Molecular and Atomic Layer Deposition of Hybrid Polyimide–Al2O3 Gate Dielectrics for Flexible Electronic Devices

Abstract

Modern information technologies have tremendous demands on flexible electronic devices such as thin-film transistors (TFTs). As the flexible TFT technology continues to advance, the properties of the gate dielectric become a bottleneck for the flexible TFTs to achieve fast switching speed, low operation voltage, and downscaling. The gate dielectric layer should be sufficiently thin, insulating, and flexible, and therefore, hybrid organic–inorganic dielectrics are of great promise for this purpose. In this work, we develop a scalable vapor-phase MLD/ALD technique, which combines molecular layer deposition (MLD) and atomic layer deposition (ALD), to grow a new hybrid polymer–oxide dielectric thin-film material of polyimide (PI) and Al2O3, and demonstrate that the afforded hybrid polyimide–Al2O3 (HPA) films are well suited as the bendable gate dielectrics for flexible electronic applications. We also perform mechanism investigation on the growth of PI and Al2O3 during the MLD/ALD HPA process and find that the growth of PI is strongly affected by the Al2O3 surface and therefore exhibits a two-stage behavior. We further evaluate the electrical and bending performances of the afforded HPA dielectrics and apply the HPA films as the gate dielectrics for flexible carbon-nanotube TFTs.

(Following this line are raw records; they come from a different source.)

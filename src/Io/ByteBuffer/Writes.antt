-- ===== src/Io/ByteBuffer/Writes.antt =====
-- Calls that put bytes to a buffer of C/src/io/ByteBuffer.c, one after the other.
use mathlib.Core.List.{reverse-reverse}
use dcrud.Base.{
  ℕ, ◌^◌, ◌%◌, ◌<◌, ◌≡◌, refl, sym, ap, ◌∙◌, subst, Bool, true, false, Option, some, List, [], ◌∷◌,
  ◌++◌, length, take, take_of_length, length-append, arith,
}
use dcrud.Util.Status.{Status, no_error, check}
use dcrud.Io.ByteBuffer.{Buffer, Order, big_endian, little_endian, put_byte}
use dcrud.Io.ByteBuffer.Numbers.{put_word, le_bytes, from_le, host_bytes, from_host}
use dcrud.Io.ByteBuffer.Text.{put_string}
use dcrud.Io.ByteBuffer.Words.{
  wire, length-wire, length-le_bytes, length-reverse, from_le-le_bytes, IsSwap,
}
use dcrud.Io.ByteBuffer.Streams.{Fits, append, append-append}
use dcrud.Io.ByteBuffer.Wire.{
  IsOpen, append-IsOpen, Fits-append, order-append, put_byte-append, put_word-append,
}
use dcrud.Io.ByteBuffer.RoundTrip.{put_string-append}

-- The call puts these bytes, in the byte order of the buffer, if they fit.
pub record Writes (call : Option Buffer → Status × Option Buffer) (s : Order → List ℕ)
    : Type 0 where
  pub at :
      (b : Buffer)
      → IsOpen b
      → Fits b (length (s b.order))
      → call (some b) ≡ (no_error, some (append b (s b.order)))

-- `CHK`, or `if( UTIL_STATUS_NO_ERROR == status )`, between two calls.
abbrev pub then_call :
    (Option Buffer → Status × Option Buffer)
    → (Option Buffer → Status × Option Buffer)
    → Option Buffer
    → Status × Option Buffer
then_call first second b = let (status, b') = first b in check status (second b') (status, b')

pub then_call-Writes :
    {first second : Option Buffer → Status × Option Buffer} {s t : Order → List ℕ}
    → Writes first s
    → Writes second t
    → Writes (then_call first second) (λ order. s order ++ t order)
then_call-Writes {first} {second} {s} {t} f g = record { at = both_at }
  where
    both_at :
        (b : Buffer)
        → IsOpen b
        → Fits b (length (s b.order ++ t b.order))
        → then_call first second (some b) ≡ (no_error, some (append b (s b.order ++ t b.order)))
    both_at b o h =
        let both = length-append (s b.order) (t b.order) in
        let fits : Fits b (length (s b.order)) = omega arith in
        let same = order-append b (s b.order) in
        let room : Fits (append b (s b.order)) (length (t (append b (s b.order)).order)) =
          subst (λ order. Fits (append b (s b.order)) (length (t order))) (sym same)
            (Fits-append b (s b.order) (length (t b.order)) (omega arith)) in
        ap (λ r. check r.0 (second r.1) r) (f.at b o fits)
        ∙ g.at (append b (s b.order)) (append-IsOpen (s b.order) o fits) room
        ∙ ap (λ order. (no_error, some (append (append b (s b.order)) (t order)))) same
        ∙ ap (λ c. (no_error, some c)) (append-append b (s b.order) (t b.order))

pub put_byte-Writes : (x : ℕ) → Writes (λ b. put_byte b x) (λ order. x ∷ [])
put_byte-Writes x = record { at = λ b o h. put_byte-append o x h }

pub put_word-Writes :
    {w : ℕ} {swap : ℕ → ℕ} (host_big : Bool) (v : ℕ)
    → IsSwap w swap
    → w < 9
    → v < 256 ^ w
    → Writes (λ b. put_word w swap host_big b v) (λ order. wire order w v)
put_word-Writes {w} host_big v s small k = record {
  at = λ b o h.
      put_word-append o s (omega arith) host_big v k (omega (arith, length-wire b.order w v));
}

pub put_string-Writes :
    (host_big : Bool) (s : List ℕ)
    → length s < 256 ^ 4
    → Writes (λ b. put_string host_big b s) (λ order. wire order 4 (length s) ++ s)
put_string-Writes host_big s k = record {
  at = λ b o h. put_string-append host_big s o k (
      omega (arith, length-wire b.order 4 (length s), length-append (wire b.order 4 (length s)) s));
}

-- One byte has no order.
pub wire-one : (order : Order) (x : ℕ) → x < 256 → wire order 1 x ≡ x ∷ []
unfolding le_bytes
wire-one big_endian x h = let e : x % 256 ≡ x = omega arith in rw e refl
wire-one little_endian x h = let e : x % 256 ≡ x = omega arith in rw e refl

length-host_bytes : (host_big : Bool) (w x : ℕ) → length (host_bytes host_big w x) ≡ w
unfolding host_bytes
length-host_bytes true w x = length-reverse (le_bytes w x) ∙ length-le_bytes w x
length-host_bytes false w x = length-le_bytes w x

from_host-host_bytes :
    (host_big : Bool) (w x : ℕ) → x < 256 ^ w → from_host host_big (host_bytes host_big w x) ≡ x
unfolding host_bytes from_host
from_host-host_bytes true w x h =
    ap from_le (reverse-reverse (le_bytes w x)) ∙ from_le-le_bytes w x h
from_host-host_bytes false w x h = from_le-le_bytes w x h

-- A number that is stored at the start of some memory is read from there.
pub from_host-take :
    (host_big : Bool) (w x : ℕ) (rest : List ℕ)
    → x < 256 ^ w
    → from_host host_big (take w (host_bytes host_big w x ++ rest)) ≡ x
from_host-take host_big w x rest h =
    ap (λ n. from_host host_big (take n (host_bytes host_big w x ++ rest)))
      (sym (length-host_bytes host_big w x))
    ∙ ap (from_host host_big) (take_of_length (host_bytes host_big w x) rest)
    ∙ from_host-host_bytes host_big w x h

The fabricated TFTs can well withstand 1000-time repetitive bending without an increase in the TFT gate leakage current, which shows the high promise of the HPA dielectrics for flexible electronic applications. Considering that the MLD/ALD fabrication approach is advantageous for high process reproducibility and large-scale compatibility, we envision that the MLD/ALD-prepared HPA dielectrics will have great applications in future complex flexible electronic circuits.